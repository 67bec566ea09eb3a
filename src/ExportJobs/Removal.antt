-- ===== src/ExportJobs/Removal.antt =====
-- The handlers of internal/features/exports/processing/cleanup.go are safe: they remove objects of exports that have
-- expired, and of no other.
use family_tree_app.Prelude.{
  ℕ, ◌≡◌, refl, subst, inl, inr, Bool, true, not, ◌||◌, Option, List, ◌∷◌, [], map, Text, codes,
  text_eq, is_empty, ltb, ◌==◌, ==_refl, Bool-cases, Option-cases, Result-cases, In, In-any, map-In,
  All, any, ok, arith, if◌then◌else◌,
}
use family_tree_app.ExportJobs.Domain.{Export, CleanupCandidate, export_not_found}
use family_tree_app.ExportJobs.Store.{ExportDatabase, Call, delete_object}
use family_tree_app.ExportJobs.Requests.{expire}
use family_tree_app.ExportJobs.Steps.{
  candidates, reserve_cleanup_candidates, get_deletion_candidate, clear_expired_result,
}
use family_tree_app.ExportJobs.Generator.{World, remove, is_refusal}
use family_tree_app.ExportJobs.Cleanup.{
  clear_row, delete_candidate, delete_candidates, handle_cleanup, handle_delete,
}
use family_tree_app.ExportJobs.Keys.{IsCanonical}
use family_tree_app.ExportJobs.Rows.{is_unfinished}
use family_tree_app.ExportJobs.Kept.{IsSafe, IsSafe-refl, IsSafe-trans, remove-IsSafe, both}
use family_tree_app.ExportJobs.Changes.{clear_expired_result-Rows, reserve_cleanup_candidates-Rows}
use family_tree_app.ExportJobs.Safety.{database-IsSafe}
use family_tree_app.Jobs.Queue.{Job}
use family_tree_app.ExportJobs.Candidates.{
  IsRemovable, List-cases, candidates-In, deletion_candidate-row, All-later, All-candidates,
  keyed-IsRemovable,
}

module _ (io : Call → Bool) {uuid_string : ℕ → Text} (canonical : IsCanonical uuid_string) where
  clear_row-IsSafe :
      (c : CleanupCandidate) (now : ℕ) (w : World) → IsSafe uuid_string w (clear_row io c now w).1
  unfolding clear_row
  clear_row-IsSafe c now w = elim (Result-cases (clear_expired_result io c now w.database)) [
    | inl (db, h) ↦
        rw (h, clear_row)
          (database-IsSafe io uuid_string w db
            (clear_expired_result-Rows io uuid_string c now w.database h))
    | inr (f, h) ↦ rw (h, clear_row) (IsSafe-refl uuid_string w)
  ]

  delete_candidate-IsSafe :
      (c : CleanupCandidate) (now : ℕ) (w : World)
      → IsRemovable uuid_string w c
      → IsSafe uuid_string w (delete_candidate io c now w).1
  unfolding delete_candidate is_unfinished
  delete_candidate-IsSafe c now w r = elim (Bool-cases (is_empty c.result_object_key)) [
    | inl empty ↦ rw (empty, delete_candidate) (clear_row-IsSafe c now w)
    | inr full ↦ elim (Bool-cases (io delete_object)) [
      | inr d ↦ rw (full, delete_candidate, d) (IsSafe-refl uuid_string w)
      | inl d ↦ elim r.key [
        | inl empty ↦ absurd (both empty full)
        | inr (t, f, k, made) ↦
            let removed : IsSafe uuid_string w
                (record w { objects = remove c.result_object_key w.objects }) =
              rw made (
                remove-IsSafe canonical t r.id f k r.row w r.listed r.same (ground (arith, r.gone))
                  (λ h q. absurd (ground (arith, r.gone, h)))) in
            rw (full, delete_candidate, d)
              (IsSafe-trans uuid_string removed (
                clear_row-IsSafe c now
                  (record w { objects = remove c.result_object_key w.objects })))
      ]
    ]
  ]

  delete_candidates-IsSafe :
      (cs : List CleanupCandidate) (now : ℕ) (w : World)
      → All (IsRemovable uuid_string w) cs
      → IsSafe uuid_string w (delete_candidates io cs now w).1
  unfolding delete_candidates
  delete_candidates-IsSafe [] now w rs k = IsSafe-refl uuid_string w k
  delete_candidates-IsSafe (c ∷ cs) now w (r, rs) k =
      let next : World = (delete_candidate io c now w).1 in
      let first : IsSafe uuid_string w next = delete_candidate-IsSafe c now w r in
      let (_, f) = first k in
      let rest = delete_candidates-IsSafe cs now next (All-later uuid_string cs f rs) in
      elim (List-cases (delete_candidate io c now w).0) [
        | inl none_failed ↦
            rw (none_failed, delete_candidates) (IsSafe-trans uuid_string first rest k)
        | inr (e, es, failed) ↦ rw (failed, delete_candidates) (first k)
      ]

  pub handle_cleanup-IsSafe :
      (decode : Text → Option (ℕ × ℕ)) (job : Job) (now : ℕ) (w : World)
      → IsSafe uuid_string w (handle_cleanup io decode job now w).1
  unfolding handle_cleanup expire
  handle_cleanup-IsSafe decode job now w = elim (Option-cases (decode job.payload)) [
    | inl bad ↦ rw (bad, handle_cleanup) (IsSafe-refl uuid_string w)
    | inr ((instant, batch), good) ↦
        elim (Bool-cases (
          not (text_eq job.kind (codes "export.cleanup"))
          || (instant == 0)
          || ltb batch 1
          || ltb 1000 batch)) [
            | inl wrong ↦ rw (good, handle_cleanup, wrong) (IsSafe-refl uuid_string w)
            | inr right ↦
                elim (Result-cases (reserve_cleanup_candidates io instant batch now w.database)) [
                  | inr (f, h) ↦ rw (good, handle_cleanup, right, h) (IsSafe-refl uuid_string w)
                  | inl ((cs, db), h) ↦
                      rw (good, handle_cleanup, right, h) (reserved instant batch cs db h)
                ]
          ]
  ]
    where
      reserved :
          (instant batch : ℕ) (cs : List CleanupCandidate) (db : ExportDatabase)
          → reserve_cleanup_candidates io instant batch now w.database ≡ ok (cs, db)
          → IsSafe uuid_string w (delete_candidates io cs now (record w { database = db })).1
      reserved instant batch cs db h k =
          let rows : List Export = w.database.exports in
          let chosen : List Export = candidates instant batch rows in
          let (steps, listed, after) =
            reserve_cleanup_candidates-Rows io uuid_string instant batch now w.database h in
          let first = database-IsSafe io uuid_string w db steps in
          let all : All (IsRemovable uuid_string (record w { database = db })) cs = rw listed (
            All-candidates uuid_string (record w { database = db }) chosen
              (λ e i.
                let (in_rows, _) = candidates-In instant batch rows e i in
                let taken : any (λ (c : Export). c.id == e.id) chosen ≡ true =
                  In-any e (λ (c : Export). c.id == e.id) chosen i (==_refl e.id) in
                let g : Export → Export =
                  λ x. if any (λ (c : Export). c.id == x.id) chosen then expire now x else x in
                let here : g e ≡ expire now e = rw taken refl in
                let moved : In (expire now e) (map g rows) =
                  subst (λ x. In x (map g rows)) here (map-In e g rows in_rows) in
                let there : In (expire now e) db.exports = rw after moved in
                keyed-IsRemovable uuid_string (record w { database = db }) e (expire now e)
                  (k.keyed e in_rows) there refl refl)) in
          IsSafe-trans uuid_string first
            (delete_candidates-IsSafe cs now (record w { database = db }) all) k

  pub handle_delete-IsSafe :
      (decode : Text → Option (ℕ × ℕ)) (job : Job) (now : ℕ) (w : World)
      → IsSafe uuid_string w (handle_delete io decode job now w).1
  unfolding handle_delete
  handle_delete-IsSafe decode job now w = elim (Option-cases (decode job.payload)) [
    | inl bad ↦ rw (bad, handle_delete) (IsSafe-refl uuid_string w)
    | inr ((t, i), good) ↦
        elim (Bool-cases (not (text_eq job.kind (codes "export.delete")) || (t == 0) || (i == 0))) [
          | inl wrong ↦ rw (good, handle_delete, wrong) (IsSafe-refl uuid_string w)
          | inr right ↦ elim (Result-cases (get_deletion_candidate io t i w.database)) [
            | inl (c, h) ↦ rw (good, handle_delete, right, h) (found t i c h)
            | inr (f, h) ↦ elim (Bool-cases (is_refusal export_not_found f)) [
              | inl gone ↦ rw (good, handle_delete, right, h, gone) (IsSafe-refl uuid_string w)
              | inr other ↦ rw (good, handle_delete, right, h, other) (IsSafe-refl uuid_string w)
            ]
          ]
        ]
  ]
    where
      found :
          (t i : ℕ) (c : CleanupCandidate)
          → get_deletion_candidate io t i w.database ≡ ok c
          → IsSafe uuid_string w (delete_candidate io c now w).1
      found t i c h k =
          let (e, listed, gone, same) = deletion_candidate-row io t i w.database h in
          let r : IsRemovable uuid_string w c =
            rw same (keyed-IsRemovable uuid_string w e e (k.keyed e listed) listed refl gone) in
          delete_candidate-IsSafe c now w r k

> **PROBLEM**
Return every line of the listing above where "right" appears.

> **REPLY**
            | inr right ↦
                  | inr (f, h) ↦ rw (good, handle_cleanup, right, h) (IsSafe-refl uuid_string w)
                      rw (good, handle_cleanup, right, h) (reserved instant batch cs db h)
          | inr right ↦ elim (Result-cases (get_deletion_candidate io t i w.database)) [
            | inl (c, h) ↦ rw (good, handle_delete, right, h) (found t i c h)
              | inl gone ↦ rw (good, handle_delete, right, h, gone) (IsSafe-refl uuid_string w)
              | inr other ↦ rw (good, handle_delete, right, h, other) (IsSafe-refl uuid_string w)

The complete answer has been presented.